Harika bir yaz oldu hepimiz için diyebilirim. Özellikle de çocuklarımız için. Her gün niye yok etkinlik diye soruyorlardı. Hatta bu bahar  çocuklar  muhtarımıza giderek   ne zaman başlayacak filmler etkinlikler diye sorular sordular.

Temmuz ayı etkinliklerimizin özeti bir videoyu paylaşıyorum. Ağustos ayı ve kapanışımız için de çekimler yaptık paylaştık mahalle grubumuzda. Kapanışta dekotarif objeler yapan bir gönüllü annemiz çam kozalaklarını renkli boyayarak dekorasyon objeleri yaptı ve tüm gönüllülerimize park afişimizi içerir teşekkür sertifikası ile hediyeleri verildi.

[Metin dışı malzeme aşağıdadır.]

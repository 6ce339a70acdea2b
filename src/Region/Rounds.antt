-- ===== src/Region/Rounds.antt =====
-- One round of the loop of `get_free_vmrg_area`, by how much of the region is asked for.
use btlos.Prelude.{
  ℕ, suc, ◌+◌, ◌^◌, ◌≡◌, ◌≤◌, ◌<◌, done, ◌>>=◌, Chain, node, arith, lt→ltb, le→ltb, lt→leb, eq→leb,
  gt→leb,
}
use btlos.Mm.{Region, add64}
use btlos.Region.{region, used_up, fit_loop}

module _ (size : ℕ) (fits_int : size < 2 ^ 31) (fuel : ℕ) (newrg r : Region) (rest : Chain Region)
    (low : r.rg_end < 2 ^ 63) (sound : r.rg_start ≤ r.rg_end) where
  no_wrap : add64 r.rg_start size ≡ r.rg_start + size
  no_wrap = omega arith

  -- More space than asked for: the front of the region is taken.
  pub fit_loop_shrink :
      r.rg_start + size < r.rg_end
      → fit_loop (suc fuel) size newrg (node r rest)
        ≡ fit_loop fuel size
            (region r.rg_start (r.rg_start + size))
            (node (region (r.rg_start + size) r.rg_end) rest)
  unfolding fit_loop
  fit_loop_shrink h = rw (no_wrap, lt→leb h, lt→ltb h)

  -- Exactly the space asked for.
  pub fit_loop_remove :
      r.rg_start + size ≡ r.rg_end
      → fit_loop (suc fuel) size newrg (node r rest) ≡ (
          used_up r rest >>= λ list.
          fit_loop fuel size (region r.rg_start (r.rg_start + size)) list)
  unfolding fit_loop
  fit_loop_remove h =
      rw (no_wrap, eq→leb h, le→ltb {a = r.rg_start + size} {b = r.rg_end} (omega arith))

  -- Too little space.
  pub fit_loop_pass :
      r.rg_end < r.rg_start + size
      → fit_loop (suc fuel) size newrg (node r rest)
        ≡ (fit_loop fuel size newrg rest >>= λ (rg, list). done (rg, node r list))
  unfolding fit_loop
  fit_loop_pass h = rw (no_wrap, gt→leb h)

Bu projenin gerçekleşmesinde mahalle muhtarımızın bire bir desteğini aldık. Etkinlik günleri geç saatlere kadar mesai yaptı bizi desteklemek için. İki yaz ayı boyunca bizlerle birlikte idi. 

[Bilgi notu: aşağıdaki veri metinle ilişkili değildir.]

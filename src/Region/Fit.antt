-- ===== src/Region/Fit.antt =====
-- The loop of `get_free_vmrg_area` of src/mm-vm.c on any list of free regions.
use btlos.Prelude.{
  ℕ, zero, suc, ◌+◌, ◌-◌, ◌^◌, ◌≡◌, ◌≢◌, ◌≤◌, ◌<◌, refl, ◌∙◌, ap, ◌⊎◌, inl, inr, List, [], ◌∷◌,
  Outcome, done, Code, success, failure, Chain, chain, arith, ◌==◌, if◌then◌else◌, ne→==,
}
use native.Mathlib.Decide.{dec_lt}
use btlos.Mm.{Region, minus_one}
use btlos.Region.{region, used_up, fit_loop, fit}
use btlos.Region.Rounds.{fit_loop_shrink, fit_loop_remove, fit_loop_pass}

-- Sound regions, far from the end of the address space.
abbrev pub AllFree : List Region → Type 0
AllFree [] = Unit {0}
AllFree (r ∷ rs) = (r.rg_start ≤ r.rg_end) × (r.rg_end < 2 ^ 63) × AllFree rs

-- No region has room for `size` bytes.
abbrev pub AllSmall : ℕ → List Region → Type 0
AllSmall size [] = Unit {0}
AllSmall size (r ∷ rs) = (r.rg_end < r.rg_start + size) × AllSmall size rs

-- The region lies in one of the list.
abbrev pub Inside : Region → List Region → Type 0
Inside rg [] = ⊥
Inside rg (r ∷ rs) = ((r.rg_start ≤ rg.rg_start) × (rg.rg_end ≤ r.rg_end)) ⊎ Inside rg rs

-- Bytes and nodes, which bound the rounds of the loop.
unfoldable pub measure : List Region → ℕ
measure [] = 0
measure (r ∷ rs) = r.rg_end - r.rg_start + 1 + measure rs

-- The list when all of its first region has been used.
unfoldable pub after_use : Region → List Region → List Region
after_use r [] = region r.rg_end r.rg_end ∷ []
after_use r (next ∷ rest) = next ∷ rest

pub used_up-after_use :
    (r : Region) (rest : List Region) → used_up r (chain rest) ≡ done (chain (after_use r rest))
unfolding used_up after_use
used_up-after_use r [] = refl
used_up-after_use r (next ∷ rest) = refl

pub after_use-AllFree :
    (r : Region) (rest : List Region)
    → r.rg_end < 2 ^ 63
    → AllFree rest
    → AllFree (after_use r rest)
unfolding after_use
after_use-AllFree r [] lt v = (omega arith, lt, tt)
after_use-AllFree r (next ∷ rest) lt v = v

measure-cons :
    (r : Region) (rest : List Region)
    → measure (r ∷ rest) ≡ r.rg_end - r.rg_start + 1 + measure rest
unfolding measure
measure-cons r rest = refl

measure-after_use :
    (r : Region) (rest : List Region) → measure (after_use r rest) ≤ 1 + measure rest
unfolding measure after_use
measure-after_use r [] = omega arith
measure-after_use r (next ∷ rest) = omega arith

Inside-after_use :
    (r : Region) (rest : List Region) (rg : Region)
    → r.rg_start ≤ r.rg_end
    → Inside rg (after_use r rest)
    → Inside rg (r ∷ rest)
unfolding after_use
Inside-after_use r [] rg le (inl (a, b)) = inl (omega arith, b)
Inside-after_use r [] rg le (inr i) = absurd i
Inside-after_use r (next ∷ rest) rg le i = inr i

module _ (size : ℕ) (positive : 0 < size) (fits_int : size < 2 ^ 31) where
  -- From the list `xs` with `newrg` found before, the loop ends with `rg` and the list `ys`.
  record Fitted (xs : List Region) (newrg rg : Region) (ys : List Region) : Type 0 where
    valid : AllFree ys
    small : AllSmall size ys
    found : ((rg ≡ newrg) × (ys ≡ xs)) ⊎ (Inside rg xs × (rg.rg_end ≡ rg.rg_start + size))

  abbrev Ends : ℕ → Region → List Region → Type 0
  Ends fuel newrg xs =
      (rg : Region) × (ys : List Region) × (fit_loop fuel size newrg (chain xs)
        ≡ done (rg, chain ys))
      × Fitted xs newrg rg ys

  -- A fit in the first region: what the rest of the loop finds lies in the old list too.
  widen :
      (r : Region) (xs rest : List Region) (rg : Region) (ys : List Region)
      → r.rg_start + size ≤ r.rg_end
      → (Inside rg xs → Inside rg (r ∷ rest))
      → Fitted xs (region r.rg_start (r.rg_start + size)) rg ys
      → (newrg : Region) → Fitted (r ∷ rest) newrg rg ys
  widen r xs rest rg ys fits into f newrg = record {
    valid = f.valid;
    small = f.small;
    found = inr (elim f.found [
      | inl (same, kept) ↦ (inl (ground (arith, same)), ground (arith, same))
      | inr (inside, long) ↦ (into inside, long)
    ]);
  }

  -- A region that is too small stays in front.
  passed :
      {r newrg rg : Region} {rest ys : List Region}
      → r.rg_start ≤ r.rg_end
      → r.rg_end < 2 ^ 63
      → r.rg_end < r.rg_start + size
      → Fitted rest newrg rg ys
      → Fitted (r ∷ rest) newrg rg (r ∷ ys)
  passed {r} le lt full f = record {
    valid = (le, lt, f.valid);
    small = (full, f.small);
    found = elim f.found [
      | inl (same, kept) ↦ inl (same, ap (◌∷◌ r) kept)
      | inr (inside, long) ↦ inr (inr inside, long)
    ];
  }

  fit_loop-Ends :
      (fuel : ℕ) (newrg : Region) (xs : List Region)
      → AllFree xs
      → measure xs < fuel
      → Ends fuel newrg xs
  unfolding measure fit_loop
  fit_loop-Ends zero newrg xs v h = absurd (omega arith)
  fit_loop-Ends (suc fuel) newrg [] v h =
      (newrg, [], refl, record { valid = tt; small = tt; found = inl (refl, refl) })
  fit_loop-Ends (suc fuel) newrg (r ∷ rest) (le, lt, v) h =
      elim (dec_lt (r.rg_start + size) r.rg_end) [
        | yes room ↦
            let (rg, ys, e, f) =
              fit_loop-Ends fuel found (left ∷ rest) (omega arith, lt, v) (omega arith) in
            (
              rg,
              ys,
              fit_loop_shrink size fits_int fuel newrg r (chain rest) lt le room ∙ e,
              widen r (left ∷ rest) rest rg ys (omega arith) (λ i. ground arith) f newrg,
            )
        | no over ↦ elim (dec_lt r.rg_end (r.rg_start + size)) [
          | yes full ↦
              let (rg, ys, e, f) = fit_loop-Ends fuel newrg rest v (omega arith) in
              (
                rg,
                r ∷ ys,
                fit_loop_pass size fits_int fuel newrg r (chain rest) lt le full ∙ rw e,
                passed le lt full f,
              )
          | no other ↦
              let exact : r.rg_start + size ≡ r.rg_end = omega arith in
              let (rg, ys, e, f) =
                fit_loop-Ends fuel found (after_use r rest) (after_use-AllFree r rest lt v)
                  (omega (arith, measure-after_use r rest, measure-cons r rest)) in
              (
                rg,
                ys,
                fit_loop_remove size fits_int fuel newrg r (chain rest) lt le exact
                    ∙ rw (used_up-after_use r rest) e,
                widen r (after_use r rest) rest rg ys (omega arith) (Inside-after_use r rest rg le)
                    f newrg,
              )
        ]
      ]
    where
      found : Region
      found = region r.rg_start (r.rg_start + size)

      left : Region
      left = region (r.rg_start + size) r.rg_end

  -- What a search of the list `xs` with the outcome `r` does.
  pub record Fit (xs : List Region) (r : Outcome (Code × Region × Chain Region)) : Type 0 where
    pub code : Code
    pub newrg : Region
    pub left : List Region
    pub returns : r ≡ done (code, newrg, chain left)
    pub sound : AllFree left
    pub none_fits : AllSmall size left
    pub outcome :
        ((code ≡ failure) × (left ≡ xs))
        ⊎ ((code ≡ success) × Inside newrg xs × (newrg.rg_end ≡ newrg.rg_start + size))

  Inside-low :
      (rg : Region) (xs : List Region)
      → AllFree xs
      → rg.rg_start ≤ rg.rg_end
      → Inside rg xs
      → rg.rg_start < 2 ^ 63
  Inside-low rg [] v le i = absurd i
  Inside-low rg (r ∷ rest) (a, b, v) le (inl (c, d)) = omega arith
  Inside-low rg (r ∷ rest) (a, b, v) le (inr i) = Inside-low rg rest v le i

  -- For a size from 1 to 2 ^ 31 - 1, the search of a list of free regions, none reversed and all
  -- below 2 ^ 63, ends within as many rounds as the list has bytes and regions, plus one. It fails
  -- and leaves the list as it was, or returns a region of the size inside a region of the list; the
  -- regions left are not reversed and below 2 ^ 63, and none has room for the size.
  pub fit-Fit :
      (fuel : ℕ) (xs : List Region)
      → AllFree xs
      → measure xs < fuel
      → Fit xs (fit fuel size (chain xs))
  unfolding fit
  fit-Fit fuel [] v h = record {
    code = failure;
    newrg = region minus_one minus_one;
    left = [];
    returns = refl;
    sound = tt;
    none_fits = tt;
    outcome = inl (refl, refl);
  }
  fit-Fit fuel (r ∷ rest) v h =
      let (rg, ys, e, f) = fit_loop-Ends fuel (region minus_one minus_one) (r ∷ rest) v h in
      record {
        code = if rg.rg_start == minus_one then failure else success;
        newrg = rg;
        left = ys;
        returns = rw e;
        sound = f.valid;
        none_fits = f.small;
        outcome = elim f.found [
          | inl (same, kept) ↦ inl (ground (arith, same), kept)
          | inr (inside, long) ↦ inr (rw (ne→== (apart inside long)), inside, long)
        ];
      }
    where
      apart :
          {rg : Region}
          → Inside rg (r ∷ rest)
          → rg.rg_end ≡ rg.rg_start + size
          → rg.rg_start ≢ minus_one
      apart {rg} inside long = omega (arith, Inside-low rg (r ∷ rest) v (omega arith) inside)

İnsanı hatırlamak insanın içindeki iyiliği harekete geçirmek gibi temalar su yüzüne çıktı sanki. Ben nasıl destek olabilirim sorusunu sordu insanlar?

Hayalim parkımızdaki bu pilot çalışmanın diğer mahallelere de yayılması. Hatta tüm İstanbul ve diğer illere zaman içinde. 

Tahmin edemiyeceğiniz temaslar oluyor çocuklarla.

Bez afişimizi boyarken minik bir kıza diğer arkadaşı "Güzel çiz çiçeğinié demişti örneğin ve ben de ismini sorarak "Ben güzel bir çiçek istemiyorum Ada'nın çiçeğini görmek istiyorum demiştim. Ve bilin bakalım ne oldu! Muhteşem çok özgün bir çiçek çıktı minik kızın ellerinden.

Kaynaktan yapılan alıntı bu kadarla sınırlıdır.